After a few months in my care, you would never be able to tell she even had a problem.

She is the chameleon in my avatar.

Here she is "exploring" a few days ago.












I'll have to try for some better pics soon.

I have tons of animals and insects now. lol


----------



## LauraMG (Aug 11, 2010)

She's beautiful. What kinds of things does she eat?


----------



## Rick (Aug 11, 2010)

Laura G said:


> She's beautiful. What kinds of things does she eat?


They eat insects. I love them. I am going to have one someday.


----------



## Ghostie (Aug 11, 2010)

I like to give her diversified diet.

Dubias, crickets, superworms etc etc. Every other week I dust the crickets with calcium and D3.

I have another chameleon that is a Quadricornis species. She's another sob story. I'll post her soon.
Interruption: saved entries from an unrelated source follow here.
-- ===== src/Server/Rights/Grants.antt =====
-- The steps of `/kick` and `/ban` in server/commands.go, as to who is an admin.
use net_cat.Base.{
  Bytes, codes, ℕ, zero, suc, Bool, ◌≡◌, refl, ◌∙◌, ap, List, [], ◌∷◌, ◌++◌, inl, inr, Bool-cases,
  Option-cases,
}
use net_cat.Base.Assoc.{Assoc, lookup}
use net_cat.Models.{Message}
use net_cat.Client.{close, force_disconnect_reason}
use net_cat.Server.{Server, Now, on_client, send_to}
use net_cat.Server.Rooms.{
  clear_room, split_queue, remove_rooms, remove_from_all_room_queues_by_ip, is_empty, send_all,
  broadcast_all_rooms,
}
use net_cat.Server.Clients.{remove_client, drop_client}
use net_cat.Server.Moderation.{add_kick_cooldown, add_ban_ip}
use net_cat.Server.Commands.Moderate.{
  moderation_event, expel, kick_client, ban_collateral, close_all, admit_times, admit_opened,
  ban_client, record_in_rooms,
}
use net_cat.Server.Rights.{Rights, rights}
use net_cat.Server.Rights.Keep.{
  on_client-rights, send_to-rights, record_room_event-rights, broadcast_room-rights,
  send_positions-rights, admit_from_room_queue-rights, drop_member-rights, put_room-rights,
}

-- Who is an admin.
unfoldable pub admins_at : Server → ℕ → Bool
admins_at s i = (s.heap i).admin

pub of_rights : (s t : Server) → rights t ≡ rights s → admins_at t ≡ admins_at s
unfolding rights admins_at
of_rights s t e = ap (λ (x : Rights). x.admin_at) e

pub close-rights : (c : ℕ) (s : Server) → rights (on_client c close s) ≡ rights s
close-rights c s = unfold close in on_client-rights c close s refl refl

drop_client-rights : (name : Bytes) (s : Server) → rights (drop_client name s) ≡ rights s
unfolding drop_client rights
drop_client-rights name s = refl

pub remove_client-rights : (name : Bytes) (s : Server) → rights (remove_client name s) ≡ rights s
unfolding remove_client
remove_client-rights name s = elim (Option-cases (lookup name s.clients)) [
  | inl e ↦ rw (e, remove_client) refl
  | inr (c, e) ↦ rw (e, remove_client) (drop_client-rights name _ ∙ drop_member-rights c name s)
]

-- Taking a client off changes nobody's rights.
expel-rights :
    (now : Now) (admin action name : Bytes) (target : ℕ) (s : Server)
    → rights (expel now admin action name target s) ≡ rights s
unfolding expel moderation_event
expel-rights now admin action name target s =
    close-rights target _
    ∙ send_to-rights target _ _
    ∙ broadcast_room-rights _ _ _ _
    ∙ record_room_event-rights _ _ _
    ∙ remove_client-rights name _
    ∙ unfold force_disconnect_reason in
      on_client-rights target (force_disconnect_reason action) s refl refl

ban_collateral-rights :
    (now : Now) (admin : Bytes) (ccs : List ℕ) (opened : Assoc ℕ) (s : Server)
    → rights (ban_collateral now admin ccs opened s).1 ≡ rights s
unfolding ban_collateral
ban_collateral-rights now admin [] opened s = refl
ban_collateral-rights now admin (cc ∷ ccs) opened s =
    ban_collateral-rights now admin ccs _ _
    ∙ expel-rights now admin (codes "banned") (s.heap cc).username cc s

close_all-rights : (msg : Bytes) (cs : List ℕ) (s : Server) → rights (close_all msg cs s) ≡ rights s
unfolding close_all
close_all-rights msg [] s = refl
close_all-rights msg (c ∷ cs) s =
    close_all-rights msg cs _ ∙ close-rights c (send_to c msg s) ∙ send_to-rights c msg s

admit_times-rights : (n : ℕ) (room : Bytes) (s : Server) → rights (admit_times n room s) ≡ rights s
unfolding admit_times
admit_times-rights zero room s = refl
admit_times-rights (suc n) room s =
    admit_times-rights n room _ ∙ admit_from_room_queue-rights room s

admit_opened-rights : (opened : Assoc ℕ) (s : Server) → rights (admit_opened opened s) ≡ rights s
unfolding admit_opened
admit_opened-rights [] s = refl
admit_opened-rights ((room, n) ∷ opened) s =
    admit_opened-rights opened _ ∙ admit_times-rights n room s

clear_room-rights :
    (host name : Bytes) (removed : List ℕ) (s : Server)
    → rights (clear_room host name removed s).1 ≡ rights s
unfolding clear_room
clear_room-rights host name removed s = elim (Option-cases (lookup name s.rooms)) [
  | inl e ↦ rw (e, clear_room) refl
  | inr (r, e) ↦
      let parts = split_queue host s.heap r.queue in
      elim (Bool-cases (is_empty (removed ++ parts.0))) [
        | inl m ↦ rw (e, clear_room, m) refl
        | inr m ↦
            rw (e, clear_room, m) (send_positions-rights 0 parts.1 _ ∙ put_room-rights name _ s)
      ]
]

remove_rooms-rights :
    (host : Bytes) (names : List Bytes) (removed : List ℕ) (s : Server)
    → rights (remove_rooms host names removed s).1 ≡ rights s
unfolding remove_rooms
remove_rooms-rights host [] removed s = refl
remove_rooms-rights host (name ∷ names) removed s =
    let round = clear_room host name removed s in
    remove_rooms-rights host names round.0 round.1 ∙ clear_room-rights host name removed s

remove_queued-rights :
    (ip : Bytes) (s : Server) → rights (remove_from_all_room_queues_by_ip ip s).1 ≡ rights s
unfolding remove_from_all_room_queues_by_ip
remove_queued-rights ip s = remove_rooms-rights _ _ [] s

send_all-rights : (msg : Bytes) (m : Assoc ℕ) (s : Server) → rights (send_all msg m s) ≡ rights s
unfolding send_all
send_all-rights msg [] s = refl
send_all-rights msg ((name, c) ∷ m) s =
    send_all-rights msg m (send_to c msg s) ∙ send_to-rights c msg s

pub broadcast_all_rooms-rights :
    (msg : Bytes) (s : Server) → rights (broadcast_all_rooms msg s) ≡ rights s
unfolding broadcast_all_rooms
broadcast_all_rooms-rights msg s = send_all-rights msg s.clients s

pub record_in_rooms-rights :
    (rooms : List Bytes) (msg : Message) (s : Server)
    → rights (record_in_rooms rooms msg s) ≡ rights s
unfolding record_in_rooms
record_in_rooms-rights [] msg s = refl
record_in_rooms-rights (room ∷ rooms) msg s =
    record_in_rooms-rights rooms msg _ ∙ record_room_event-rights room msg s

-- Each of the admins' steps changes what it is for and no admin flag.
add_kick_cooldown-admins :
    (now : Now) (ip : Bytes) (s : Server) → admins_at (add_kick_cooldown now ip s) ≡ admins_at s
unfolding add_kick_cooldown admins_at
add_kick_cooldown-admins now ip s = refl

add_ban_ip-admins : (ip : Bytes) (s : Server) → admins_at (add_ban_ip ip s) ≡ admins_at s
unfolding add_ban_ip admins_at
add_ban_ip-admins ip s = refl

pub kick_client-admins :
    (now : Now) (admin name : Bytes) (target : ℕ) (s : Server)
    → admins_at (kick_client now admin name target s) ≡ admins_at s
unfolding kick_client
kick_client-admins now admin name target s =
    of_rights _ _ (admit_from_room_queue-rights _ _)
    ∙ add_kick_cooldown-admins now _ _
    ∙ of_rights s _ (expel-rights now admin (codes "kicked") name target s)

pub ban_client-admins :
    (now : Now) (admin exclude name : Bytes) (target : ℕ) (s : Server)
    → admins_at (ban_client now admin exclude name target s) ≡ admins_at s
unfolding ban_client
ban_client-admins now admin exclude name target s =
    of_rights _ _ (
      admit_opened-rights _ _
      ∙ close_all-rights _ _ _
      ∙ remove_queued-rights (s.heap target).ip _
      ∙ ban_collateral-rights now admin _ _ _)
    ∙ add_ban_ip-admins _ _
    ∙ of_rights s _ (expel-rights now admin (codes "banned") name target s)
I aced that job interview today! Just hoping they call me back now, they said they have a few more to interview but if you ask me I did REALLY REALLY good. I can't imagine too many more people having all three bosses interviewing them laughing like I did. I think I nailed it but have to wait for everyone else to fumble the ball! hehe

I hope it I get it! then I can buy more mantises and bigger lizard and snake cages etc etc.


----------



## Ghostie (Aug 11, 2010)

Oh yes I will get more pics soon of her cage.. it's really nice.

Also have a ton of mantis pics to post. I'm behind a bit sorry guys life is going on over here.


----------